[Saved data entries]
________________________

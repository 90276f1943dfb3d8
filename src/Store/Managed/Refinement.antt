-- ===== src/Store/Managed/Refinement.antt =====
-- What the store promises of managed targets and sources, and that its methods do it: the tables are
-- finite maps, and a method that succeeds is the operation on those maps.
use certinv.Prelude.{
  String, ℤ, int_eq, int_eq_iff, Bool, true, false, ◌&&◌, Option, none, some, ◌==◌, ◌≡◌, ◌⊎◌, refl,
  ap, ◌∙◌, inl, inr, eq_iff, eq_refl, arith,
}
use std.Path.{fun_ext}
use certinv.Clock.{Time, format_time}
use certinv.Discover.{Host}
use certinv.Result.{Error, ok, err, Result-cases}
use certinv.Store.Schema.{
  Db, ManagedApexRow, ManagedHostRow, CrtNameRow, ApexCrtNameRow, ZoneFileRow,
}
use certinv.Store.Table.Lookup.{insert, remove, lookup, lookup-upsert, lookup-delete_where}
use certinv.Store.Exec.{Conn, Driver, Action, exec}
use certinv.Store.Exec.Laws.{statement-eq-ok, statement-eq-err}
use certinv.Store.Managed.{
  put_managed_apex, delete_apex, is_managed_host, put_managed_host, delete_managed_host,
  put_crt_name, put_apex_crt_name, put_zone_file, delete_zone_file, add_managed_apex,
  delete_managed_apex, add_managed_manual_host, delete_managed_manual_host, save_managed_crt_name,
  save_managed_apex_crt_name, add_managed_zone_file, delete_managed_zone_file,
}

-- the view of the clients: sets of apexes and of files, the apex of each host by name and port, and the
-- settings of the search
pub record View : Type 0 where
  pub apexes : String → Option (Unit {0})
  pub manual_hosts : String × ℤ → Option String
  pub crt_name : Option (Bool × String)
  pub apex_crt_name : String → Option Bool
  pub zone_files : String → Option (Unit {0})

-- the methods, with their arguments
pub data Command : Type 0 where
  add_apex remove_apex : String → Command
  add_host : Host → Command
  remove_host : String → ℤ → Command
  save_crt_name : Bool → String → Command
  save_apex : String → Bool → Command
  add_file remove_file : String → Command

abbrev same_text : String → String → Bool
same_text a b = a == b

abbrev same_target : String × ℤ → String × ℤ → Bool
same_target a b = a.0 == b.0 && int_eq a.1 b.1

-- what a method promises
unfoldable pub apply : Command → View → View
apply (add_apex apex) v = record v { apexes = insert same_text apex tt v.apexes }
apply (remove_apex apex) v = record v { apexes = remove same_text apex v.apexes }
apply (add_host host) v = record v {
  manual_hosts = insert same_target (host.hostname, host.port) host.apex v.manual_hosts;
}
apply (remove_host hostname port) v = record v {
  manual_hosts = remove same_target (hostname, port) v.manual_hosts;
}
apply (save_crt_name enabled endpoint) v = record v { crt_name = some (enabled, endpoint) }
apply (save_apex apex enabled) v = record v {
  apex_crt_name = insert same_text apex enabled v.apex_crt_name;
}
apply (add_file path) v = record v { zone_files = insert same_text path tt v.zone_files }
apply (remove_file path) v = record v { zone_files = remove same_text path v.zone_files }

-- the method itself
unfoldable pub perform : Driver → Time → Command → Action (Unit {0})
perform driver now (add_apex apex) = add_managed_apex driver apex now
perform driver now (remove_apex apex) = delete_managed_apex driver apex
perform driver now (add_host host) = add_managed_manual_host driver host now
perform driver now (remove_host hostname port) = delete_managed_manual_host driver hostname port
perform driver now (save_crt_name enabled endpoint) =
    save_managed_crt_name driver enabled endpoint now
perform driver now (save_apex apex enabled) = save_managed_apex_crt_name driver apex enabled now
perform driver now (add_file path) = add_managed_zone_file driver path now
perform driver now (remove_file path) = delete_managed_zone_file driver path

abbrev setting : Option CrtNameRow → Option (Bool × String)
setting none = none
setting (some r) = some (r.enabled, r.endpoint)

abbrev unit_of : {R : Type 0} → R → Unit {0}
unit_of r = tt

abbrev host_at : String × ℤ → ManagedHostRow → Bool
host_at k r = is_managed_host k.0 k.1 r

-- the database, seen by the clients
unfoldable pub view : Db → View
view db = record {
  apexes = λ k. lookup (λ a (r : ManagedApexRow). r.apex == a) unit_of k db.managed_apexes;
  manual_hosts = λ k. lookup host_at (λ r. r.apex) k db.managed_manual_hosts;
  crt_name = setting db.managed_crtname;
  apex_crt_name = λ k.
      lookup (λ a (r : ApexCrtNameRow). r.apex == a) (λ r. r.enabled) k db.managed_apex_crtname;
  zone_files = λ k. lookup (λ a (r : ZoneFileRow). r.path == a) unit_of k db.managed_zone_files;
}

text_eq : (k j : String) → same_text k j ≡ true → k ≡ j
text_eq k j = (eq_iff k j).0

target_eq : (k j : String × ℤ) → same_target k j ≡ true → k ≡ j
target_eq (a, p) (b, q) h =
    let name : a ≡ b = (eq_iff a b).0 (ground arith) in
    let port : p ≡ q = (int_eq_iff p q).0 (ground arith) in
    ap (λ x. (x, p)) name ∙ ap (λ x. (b, x)) port

text_apart : (x k j : String) → (x == k) ≡ true → same_text k j ≡ false → (x == j) ≡ false
text_apart x k j h n = ground (arith, eq_iff x k, eq_iff k j, eq_iff x j)

target_apart :
    (k j : String × ℤ) (r : ManagedHostRow)
    → host_at k r ≡ true
    → same_target k j ≡ false
    → host_at j r ≡ false
target_apart (a, p) (b, q) r h n = ground (
  arith,
  eq_iff r.hostname a,
  eq_iff a b,
  eq_iff r.hostname b,
  int_eq_iff r.port p,
  int_eq_iff p q,
  int_eq_iff r.port q,
)

-- the statement of each method
abbrev effect : Time → Command → Db → Db
effect now (add_apex apex) db = put_managed_apex apex (format_time now) db
effect now (remove_apex apex) db = delete_apex apex db
effect now (add_host host) db = put_managed_host host (format_time now) db
effect now (remove_host hostname port) db = delete_managed_host hostname port db
effect now (save_crt_name enabled endpoint) db = put_crt_name enabled endpoint (format_time now) db
effect now (save_apex apex enabled) db = put_apex_crt_name apex enabled (format_time now) db
effect now (add_file path) db = put_zone_file path (format_time now) db
effect now (remove_file path) db = delete_zone_file path db

module _ (now : Time) (db : Db) where
  effect-apply : (k : Command) → view (effect now k db) ≡ apply k (view db)
  unfolding view apply put_managed_apex delete_apex put_managed_host delete_managed_host
      put_crt_name put_apex_crt_name put_zone_file delete_zone_file
  effect-apply (add_apex apex) =
      ap (λ m. record (view db) { apexes = m })
        (fun_ext (λ j.
          lookup-upsert _ unit_of same_text text_eq (λ k j r. text_apart r.apex k j) apex j tt _ _
            db.managed_apexes (eq_refl apex) (λ r h. h) refl (λ r. refl)))
  effect-apply (remove_apex apex) =
      ap (λ m. record (view db) { apexes = m })
        (fun_ext (λ j.
          lookup-delete_where _ unit_of same_text text_eq (λ k j r. text_apart r.apex k j) apex j
            db.managed_apexes))
  effect-apply (add_host host) =
      ap (λ m. record (view db) { manual_hosts = m })
        (fun_ext (λ j.
          lookup-upsert host_at (λ r. r.apex) same_target target_eq target_apart
            (host.hostname, host.port) j host.apex _ _ db.managed_manual_hosts
            (rw (eq_refl host.hostname, (int_eq_iff host.port host.port).1 refl) refl) (λ r h. h)
            refl (λ r. refl)))
  effect-apply (remove_host hostname port) =
      ap (λ m. record (view db) { manual_hosts = m })
        (fun_ext (λ j.
          lookup-delete_where host_at (λ r. r.apex) same_target target_eq target_apart
            (hostname, port) j db.managed_manual_hosts))
  effect-apply (save_crt_name enabled endpoint) = refl
  effect-apply (save_apex apex enabled) =
      ap (λ m. record (view db) { apex_crt_name = m })
        (fun_ext (λ j.
          lookup-upsert _ (λ r. r.enabled) same_text text_eq (λ k j r. text_apart r.apex k j) apex j
            enabled _ _ db.managed_apex_crtname (eq_refl apex) (λ r h. h) refl (λ r. refl)))
  effect-apply (add_file path) =
      ap (λ m. record (view db) { zone_files = m })
        (fun_ext (λ j.
          lookup-upsert _ unit_of same_text text_eq (λ k j r. text_apart r.path k j) path j tt _ _
            db.managed_zone_files (eq_refl path) (λ r h. h) refl (λ r. refl)))
  effect-apply (remove_file path) =
      ap (λ m. record (view db) { zone_files = m })
        (fun_ext (λ j.
          lookup-delete_where _ unit_of same_text text_eq (λ k j r. text_apart r.path k j) path j
            db.managed_zone_files))

-- an action takes effect as a whole, or fails and changes nothing
abbrev DoesOrFails : Action (Unit {0}) → (Db → Db) → Conn → Type 0
DoesOrFails m f c =
    (((m c).0 ≡ ok tt) × ((m c).1.db ≡ f c.db))
    ⊎ ((e : Error) × ((m c).0 ≡ err e) × ((m c).1.db ≡ c.db))

exec-DoesOrFails :
    (driver : Driver) (text : String) (f : Db → Db) (c : Conn)
    → DoesOrFails (exec driver text f) f c
exec-DoesOrFails driver text f c = elim (Result-cases (exec driver text f c).0) [
  | inl (e, failed) ↦ inr (e, failed, statement-eq-err driver text (λ db. (tt, f db)) c e failed)
  | inr (u, done) ↦ inl (done, (statement-eq-ok driver text (λ db. (tt, f db)) c tt done).1)
]

perform-DoesOrFails :
    (driver : Driver) (now : Time) (k : Command) (c : Conn)
    → DoesOrFails (perform driver now k) (effect now k) c
unfolding perform add_managed_apex delete_managed_apex add_managed_manual_host
    delete_managed_manual_host save_managed_crt_name save_managed_apex_crt_name
    add_managed_zone_file delete_managed_zone_file
perform-DoesOrFails driver now (add_apex apex) c = exec-DoesOrFails driver _ _ c
perform-DoesOrFails driver now (remove_apex apex) c = exec-DoesOrFails driver _ _ c
perform-DoesOrFails driver now (add_host host) c = exec-DoesOrFails driver _ _ c
perform-DoesOrFails driver now (remove_host hostname port) c = exec-DoesOrFails driver _ _ c
perform-DoesOrFails driver now (save_crt_name enabled endpoint) c = exec-DoesOrFails driver _ _ c
perform-DoesOrFails driver now (save_apex apex enabled) c = exec-DoesOrFails driver _ _ c
perform-DoesOrFails driver now (add_file path) c = exec-DoesOrFails driver _ _ c
perform-DoesOrFails driver now (remove_file path) c = exec-DoesOrFails driver _ _ c

-- Each of the eight methods of the store that change managed targets and sources, on any database and
-- whatever the driver does, either succeeds, and then the clients' view of the database is what the
-- method promises of the view before, or fails and leaves the database as it was. The view has the
-- managed apexes and zone files as sets, the apex of each managed host by name and port, the search's
-- settings, and those of each apex.
pub perform-refines :
    (driver : Driver) (now : Time) (k : Command) (c : Conn)
    → (((perform driver now k c).0 ≡ ok tt)
        × (view (perform driver now k c).1.db ≡ apply k (view c.db)))
      ⊎ ((e : Error) × ((perform driver now k c).0 ≡ err e)
          × ((perform driver now k c).1.db ≡ c.db))
perform-refines driver now k c = elim (perform-DoesOrFails driver now k c) [
  | inl (done, after) ↦ inl (done, ap view after ∙ effect-apply now c.db k)
  | inr failed ↦ inr failed
]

________________________

Of the lines above, output exactly those from the line bearing "perform driver now (remove_file" through the line bearing "view db = record", inclusive.

RESULT OF THE TASK:
perform driver now (remove_file path) = delete_managed_zone_file driver path

abbrev setting : Option CrtNameRow → Option (Bool × String)
setting none = none
setting (some r) = some (r.enabled, r.endpoint)

abbrev unit_of : {R : Type 0} → R → Unit {0}
unit_of r = tt

abbrev host_at : String × ℤ → ManagedHostRow → Bool
host_at k r = is_managed_host k.0 k.1 r

-- the database, seen by the clients
unfoldable pub view : Db → View
view db = record {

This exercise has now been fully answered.